[WHAT THE TASK ASKS]:
Pull out of the data below the stretch of lines bounded by the one containing "decide before signer (by_guardian" and the one containing "(ap (λ (x : SmartWallet).", both bounds included, unchanged.

============

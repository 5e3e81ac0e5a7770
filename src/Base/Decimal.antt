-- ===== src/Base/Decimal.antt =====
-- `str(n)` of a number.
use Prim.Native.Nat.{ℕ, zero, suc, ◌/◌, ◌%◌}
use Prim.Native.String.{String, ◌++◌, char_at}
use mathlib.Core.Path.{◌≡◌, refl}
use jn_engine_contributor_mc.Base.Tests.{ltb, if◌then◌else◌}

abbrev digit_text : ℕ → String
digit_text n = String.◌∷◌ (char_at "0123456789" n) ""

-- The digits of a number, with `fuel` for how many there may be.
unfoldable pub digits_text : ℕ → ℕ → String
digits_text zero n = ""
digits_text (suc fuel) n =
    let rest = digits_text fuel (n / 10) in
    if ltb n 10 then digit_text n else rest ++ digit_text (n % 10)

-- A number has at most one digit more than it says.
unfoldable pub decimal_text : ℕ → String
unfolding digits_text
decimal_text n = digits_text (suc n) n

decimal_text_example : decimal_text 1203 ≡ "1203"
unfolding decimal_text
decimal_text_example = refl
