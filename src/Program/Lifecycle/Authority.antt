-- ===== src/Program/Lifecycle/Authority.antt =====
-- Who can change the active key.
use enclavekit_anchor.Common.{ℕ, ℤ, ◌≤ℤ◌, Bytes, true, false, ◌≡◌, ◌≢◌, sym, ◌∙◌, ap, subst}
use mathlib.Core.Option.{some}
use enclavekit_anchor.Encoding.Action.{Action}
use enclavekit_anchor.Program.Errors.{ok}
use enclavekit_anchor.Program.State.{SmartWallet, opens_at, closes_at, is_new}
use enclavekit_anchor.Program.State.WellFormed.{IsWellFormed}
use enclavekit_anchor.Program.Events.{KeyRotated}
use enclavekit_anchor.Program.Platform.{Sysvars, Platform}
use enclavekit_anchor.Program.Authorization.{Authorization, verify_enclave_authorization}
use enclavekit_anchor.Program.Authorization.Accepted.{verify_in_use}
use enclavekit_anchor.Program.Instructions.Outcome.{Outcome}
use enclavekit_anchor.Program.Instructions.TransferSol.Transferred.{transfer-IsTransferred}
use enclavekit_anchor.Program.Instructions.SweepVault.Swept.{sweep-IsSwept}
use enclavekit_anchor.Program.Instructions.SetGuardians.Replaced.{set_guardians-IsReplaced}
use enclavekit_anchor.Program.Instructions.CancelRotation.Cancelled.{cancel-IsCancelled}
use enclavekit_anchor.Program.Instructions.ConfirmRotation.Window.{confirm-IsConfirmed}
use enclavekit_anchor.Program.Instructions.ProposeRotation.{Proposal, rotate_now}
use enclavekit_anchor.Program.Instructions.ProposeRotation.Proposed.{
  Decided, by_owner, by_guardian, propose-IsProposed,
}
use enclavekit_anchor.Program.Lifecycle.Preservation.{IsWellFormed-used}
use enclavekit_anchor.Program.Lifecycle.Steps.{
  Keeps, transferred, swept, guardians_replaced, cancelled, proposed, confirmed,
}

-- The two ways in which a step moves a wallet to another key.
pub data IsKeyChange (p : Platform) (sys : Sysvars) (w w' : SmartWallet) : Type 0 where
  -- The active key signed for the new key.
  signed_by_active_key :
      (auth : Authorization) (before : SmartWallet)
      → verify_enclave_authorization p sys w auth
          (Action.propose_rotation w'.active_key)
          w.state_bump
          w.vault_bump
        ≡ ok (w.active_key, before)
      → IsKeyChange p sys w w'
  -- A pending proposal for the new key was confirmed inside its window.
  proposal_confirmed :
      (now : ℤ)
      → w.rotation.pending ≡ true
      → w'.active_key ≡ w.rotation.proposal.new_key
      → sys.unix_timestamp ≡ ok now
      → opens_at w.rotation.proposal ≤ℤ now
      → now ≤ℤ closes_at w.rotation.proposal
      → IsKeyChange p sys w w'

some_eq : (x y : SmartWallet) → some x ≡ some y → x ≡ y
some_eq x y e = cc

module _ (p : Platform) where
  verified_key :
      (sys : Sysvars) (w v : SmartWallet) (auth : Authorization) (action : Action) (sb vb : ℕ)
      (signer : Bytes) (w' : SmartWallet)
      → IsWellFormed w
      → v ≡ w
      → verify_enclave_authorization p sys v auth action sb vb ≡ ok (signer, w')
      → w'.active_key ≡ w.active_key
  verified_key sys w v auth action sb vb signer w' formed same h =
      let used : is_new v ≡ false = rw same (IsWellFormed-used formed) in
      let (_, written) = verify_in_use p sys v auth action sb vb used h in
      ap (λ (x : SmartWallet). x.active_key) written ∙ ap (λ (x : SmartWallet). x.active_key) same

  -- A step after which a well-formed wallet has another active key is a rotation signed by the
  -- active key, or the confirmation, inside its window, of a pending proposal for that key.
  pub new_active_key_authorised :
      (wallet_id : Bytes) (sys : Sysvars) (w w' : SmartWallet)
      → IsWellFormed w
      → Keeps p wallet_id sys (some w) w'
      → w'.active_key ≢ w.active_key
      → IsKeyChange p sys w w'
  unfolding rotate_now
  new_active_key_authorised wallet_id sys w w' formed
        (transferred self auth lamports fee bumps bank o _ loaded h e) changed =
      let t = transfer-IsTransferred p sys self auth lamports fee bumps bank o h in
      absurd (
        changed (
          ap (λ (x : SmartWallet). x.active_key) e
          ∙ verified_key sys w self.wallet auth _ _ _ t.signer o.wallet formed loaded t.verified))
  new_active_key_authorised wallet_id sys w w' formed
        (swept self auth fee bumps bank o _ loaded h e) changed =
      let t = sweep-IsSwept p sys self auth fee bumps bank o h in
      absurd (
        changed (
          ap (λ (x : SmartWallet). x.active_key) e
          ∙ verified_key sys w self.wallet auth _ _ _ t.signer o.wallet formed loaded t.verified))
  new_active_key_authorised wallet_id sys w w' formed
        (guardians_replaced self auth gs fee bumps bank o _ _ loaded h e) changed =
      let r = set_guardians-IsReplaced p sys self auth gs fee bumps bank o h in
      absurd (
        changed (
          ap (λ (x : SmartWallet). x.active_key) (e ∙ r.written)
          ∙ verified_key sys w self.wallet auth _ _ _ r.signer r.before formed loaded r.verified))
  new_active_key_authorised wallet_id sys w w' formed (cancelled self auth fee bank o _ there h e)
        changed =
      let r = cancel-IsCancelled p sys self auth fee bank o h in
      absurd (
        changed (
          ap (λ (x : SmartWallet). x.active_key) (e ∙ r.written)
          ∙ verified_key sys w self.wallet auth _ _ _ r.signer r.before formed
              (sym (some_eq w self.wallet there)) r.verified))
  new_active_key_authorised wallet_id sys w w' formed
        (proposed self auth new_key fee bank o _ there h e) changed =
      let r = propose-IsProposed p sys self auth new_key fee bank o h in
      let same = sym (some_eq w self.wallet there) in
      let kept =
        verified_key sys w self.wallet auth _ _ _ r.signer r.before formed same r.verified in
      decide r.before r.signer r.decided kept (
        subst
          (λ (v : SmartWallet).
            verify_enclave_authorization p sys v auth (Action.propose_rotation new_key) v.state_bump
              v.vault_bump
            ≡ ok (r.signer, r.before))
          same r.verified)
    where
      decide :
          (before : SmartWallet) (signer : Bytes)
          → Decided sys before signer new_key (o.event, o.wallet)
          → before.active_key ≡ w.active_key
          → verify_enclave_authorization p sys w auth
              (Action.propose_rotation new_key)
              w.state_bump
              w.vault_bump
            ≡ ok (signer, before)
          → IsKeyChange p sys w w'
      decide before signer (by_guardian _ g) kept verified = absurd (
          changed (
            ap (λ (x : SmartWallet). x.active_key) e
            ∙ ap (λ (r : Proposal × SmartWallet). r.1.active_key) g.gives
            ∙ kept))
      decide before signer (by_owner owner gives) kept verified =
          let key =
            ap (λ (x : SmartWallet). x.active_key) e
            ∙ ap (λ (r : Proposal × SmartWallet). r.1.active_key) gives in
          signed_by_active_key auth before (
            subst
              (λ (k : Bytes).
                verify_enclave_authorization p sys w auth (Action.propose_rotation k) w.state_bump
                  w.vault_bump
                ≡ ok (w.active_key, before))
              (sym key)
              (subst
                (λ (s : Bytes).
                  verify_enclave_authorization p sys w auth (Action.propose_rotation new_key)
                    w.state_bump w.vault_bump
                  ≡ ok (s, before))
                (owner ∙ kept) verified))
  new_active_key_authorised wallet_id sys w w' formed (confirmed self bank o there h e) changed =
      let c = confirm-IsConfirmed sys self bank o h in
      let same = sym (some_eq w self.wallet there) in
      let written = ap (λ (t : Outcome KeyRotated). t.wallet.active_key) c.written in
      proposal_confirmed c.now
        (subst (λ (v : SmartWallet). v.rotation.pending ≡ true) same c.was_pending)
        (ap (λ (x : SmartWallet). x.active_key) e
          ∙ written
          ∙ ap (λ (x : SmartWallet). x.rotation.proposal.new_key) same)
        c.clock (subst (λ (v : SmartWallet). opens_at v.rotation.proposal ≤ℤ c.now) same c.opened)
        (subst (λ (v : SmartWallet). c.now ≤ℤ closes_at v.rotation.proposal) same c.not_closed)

============

[RESULT OF THIS TASK]:
      decide before signer (by_guardian _ g) kept verified = absurd (
          changed (
            ap (λ (x : SmartWallet). x.active_key) e
            ∙ ap (λ (r : Proposal × SmartWallet). r.1.active_key) g.gives
            ∙ kept))
      decide before signer (by_owner owner gives) kept verified =
          let key =
            ap (λ (x : SmartWallet). x.active_key) e
            ∙ ap (λ (r : Proposal × SmartWallet). r.1.active_key) gives in
          signed_by_active_key auth before (
            subst
              (λ (k : Bytes).
                verify_enclave_authorization p sys w auth (Action.propose_rotation k) w.state_bump
                  w.vault_bump
                ≡ ok (w.active_key, before))
              (sym key)
              (subst
                (λ (s : Bytes).
                  verify_enclave_authorization p sys w auth (Action.propose_rotation new_key)
                    w.state_bump w.vault_bump
                  ≡ ok (s, before))
                (owner ∙ kept) verified))
  new_active_key_authorised wallet_id sys w w' formed (confirmed self bank o there h e) changed =
      let c = confirm-IsConfirmed sys self bank o h in
      let same = sym (some_eq w self.wallet there) in
      let written = ap (λ (t : Outcome KeyRotated). t.wallet.active_key) c.written in
      proposal_confirmed c.now
        (subst (λ (v : SmartWallet). v.rotation.pending ≡ true) same c.was_pending)
        (ap (λ (x : SmartWallet). x.active_key) e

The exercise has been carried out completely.